A theoretical account of technology’s role in peer feedback should therefore foreground instructor-controlled design choices that improve feedback quality and uptake. Useful design choices include criteria and feedback language training, task timing that enables reflection on recorded speech (Dai & Wu, 2022; Tseng & Yeh, 2019), multiple peer raters to stabilize judgments (Li et al., 2022), and visibility settings that balance accountability with psychological safety (K. J. Topping et al., 2025). Research with young learners suggests that peer feedback training should include explicit discussion of criteria and guidance on giving constructive suggestions (Hung et al., 2016). Further, video or audio workflows can support targeted work on features like pronunciation and intonation while giving teachers quality assurance oversight (Dai & Wu, 2022; Tseng & Yeh, 2019). Framing peer feedback within feedback literacy further clarifies how technology can support learner sense-making and planning next steps, as well as how to produce better comments. More research should investigate both how design choices interact in speaking tasks across age groups and contexts, and how they influence immediate revisions and longer-term oral communication skill development (Carless & Boud, 2018; Li et al., 2022).

2.2. Student Feedback Literacy

Student feedback literacy refers to the understandings, capacities, and dispositions needed to make sense of information from various sources and use it to enhance work or learning strategies, comprising four interdependent elements: (a) appreciating feedback; (b) making judgments; (c) managing affect; and (d) taking action (Carless & Boud, 2018).

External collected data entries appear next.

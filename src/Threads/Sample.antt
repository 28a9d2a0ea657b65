-- ===== src/Threads/Sample.antt =====
-- A concrete state of the threads for the tests: 4 runs, 5 and 6 wait, 7 is dead; 0 is the idle
-- thread.
use oscs25_labs.Base.{
  ℕ, ◌≡◌, refl, arith, mem, ◌∷◌, true, false, [], Option, none, some, ◌==◌, if◌then◌else◌, update,
}
use oscs25_labs.Template.Links.{Links}
use oscs25_labs.Template.Queue.Refine.{Unlinked}
use oscs25_labs.Threads.Steps.{user, Represents}
use oscs25_labs.Threads.Defs.{System, Thread, new_workload, num_signals}

-- The number of a thread is its identifier, and only 7 is dead.
abbrev pub thread : (program : Option ℕ) → ℕ → Thread
thread program t = record {
  id = t;
  priority = 0;
  prog = program;
  task = 0x1000;
  args = 0;
  thread_state = λ _. 0;
  excepts = new_workload;
  signal_handlers = λ _. 0;
  last_signal = num_signals;
  alive = if t == 7 then false else true;
}

abbrev pub links : Links
links = record { prev = update (λ _. none) 6 (some 5); next = update (λ _. none) 5 (some 6) }

abbrev pub system : (program : Option ℕ) → System
system program = record {
  thread = thread program;
  node = links;
  run_queue = record { front = some 5; back = some 6; size = 2 };
  wait_queue = record { front = none; back = none; size = 0 };
  dead_queue = record { front = some 7; back = some 7; size = 1 };
  idle_thread = 0;
  total_thread = 8;
  switch_interval = 100;
  current = 4;
  except = record {
    tasks = record {
      next = λ _. none;
      handler = λ _. 0;
      trap_frame = λ _. 0;
      node = links;
      priority = λ _. 0;
      task_free_list = none;
    };
    queues = record {
      preemptor = λ _. none;
      head = λ _. none;
      node = links;
      queue_free_list = none;
    };
    base_queue = none;
    timer_mask = false;
    uart_mask = false;
  };
  timer = record { events = []; initialized = true; cval = 0; enabled = true; timer_mask = false };
  pages = record { status = λ _. 0; idx = λ i. i; links = links; free_list = λ _. none };
  region = λ _. record { count = 2; mem = 0 };
}

unlinked : (a : ℕ) → mem a (5 ∷ 6 ∷ []) ≡ false → mem a (7 ∷ []) ≡ false → Unlinked a links
unlinked a out out' =
    let not_five : (a == 5) ≡ false = ground arith in
    let not_six : (a == 6) ≡ false = ground arith in (rw not_six refl, rw not_five refl)

apart : (a : ℕ) → mem a (5 ∷ 6 ∷ []) ≡ true → mem a (7 ∷ []) ≡ false
apart a m = ground arith

pub represents : (program : Option ℕ) → Represents (system program) (user 4) (5 ∷ 6 ∷ []) (7 ∷ [])
represents program = record {
  system = record {
    run = record {
      chain = (refl, refl, (refl, refl, tt));
      distinct = (refl, (refl, tt));
      front = refl;
      back = refl;
      size = refl;
      small = omega arith;
    };
    dead = record {
      chain = (refl, refl, tt);
      distinct = (refl, tt);
      front = refl;
      back = refl;
      size = refl;
      small = omega arith;
    };
    apart = apart;
    rest = unlinked;
  };
  current = refl;
  runs = (omega arith, refl, refl, refl);
  idle = omega arith;
  waits = λ t m. (ground arith, ground arith);
  dead = λ t m. ground arith;
}
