-- ===== src/UrlDecode/Tests.antt =====
-- `ws_urldecode` of src/webserver.c at concrete inputs.
use fireflymediaserver.Prelude.{◌≡◌, refl, true, codes, none}
use fireflymediaserver.UrlDecode.{ws_urldecode, hex_digit}
use fireflymediaserver.UrlDecode.RoundTrip.{encode, all_bytes, ws_urldecode-encode}

decodes : ws_urldecode (codes "a+b%3D%2f") true ≡ codes "a b=/"
unfolding ws_urldecode
decodes = refl

bytes_of_text : all_bytes (codes "a b=c") ≡ true
unfolding all_bytes
bytes_of_text = refl

no_digit : hex_digit b'z' ≡ none
unfolding hex_digit
no_digit = refl

ws_urldecode-encode_example : ws_urldecode (encode true (codes "a b=c")) true ≡ codes "a b=c"
ws_urldecode-encode_example = ws_urldecode-encode (codes "a b=c") true bytes_of_text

Feedback literacy is highly relevant to L2 speaking because learners need to make sense of feedback to use it to guide subsequent performances (Carless & Boud, 2018). Existing scholarship shows that stronger feedback literacy is associated with deeper engagement with feedback processes, better use of teacher and peer comments, and greater evaluative judgment and self-regulation capacity (Han & Xu, 2021; Winstone et al., 2017; T. Zhang & Mao, 2023). Related speaking research further suggests that when learners can revisit feedback and plan revisions, they may improve their fluency, confidence, and course performance (Aguilera-Fuentes & Ortiz-Navarrete, 2025). In peer activities, giving feedback trains attention to criteria and common pitfalls, which feed forward into the feedback giver’s speaking practice, contributing to a classroom culture where feedback is sought and used productively.

Developing feedback literacy presents challenges. Learners may enter with passive orientations, low self-efficacy, or information overload, and without explicit training, they may not know how to use comments for revision (Taguba & Plata, 2025). Practical constraints also matter, as time and workload for rich feedback, large classes, and uneven technology access reduce opportunities to revisit and act on comments (Aguilera-Fuentes & Ortiz-Navarrete, 2025). Cultural and assessment contexts can dampen dialogue about feedback and focus attention on scores rather than formative use, which undermines agentic engagement (Winstone et al., 2017). These constraints argue for planned instruction in how to use feedback, safe climates that balance critique with encouragement, staged designs that prevent overload, and structured reflection that helps learners take ownership of next steps.

Recent work on peer feedback literacy in EFL writing validates four complementary dimensions: appreciation of peer feedback, feedback-related knowledge and abilities, negotiation agency, and revision efficacy (F. Zhang et al., 2025). Applied to speaking, the Trainer can strengthen appreciation and knowledge/skills, as well as prompt negotiation agency by shaping tone and justification in dialogic exchanges, while the Synthesizer supports revision efficacy by organizing peer input into feasible next steps (Carless & Boud, 2018; F. Zhang et al., 2025).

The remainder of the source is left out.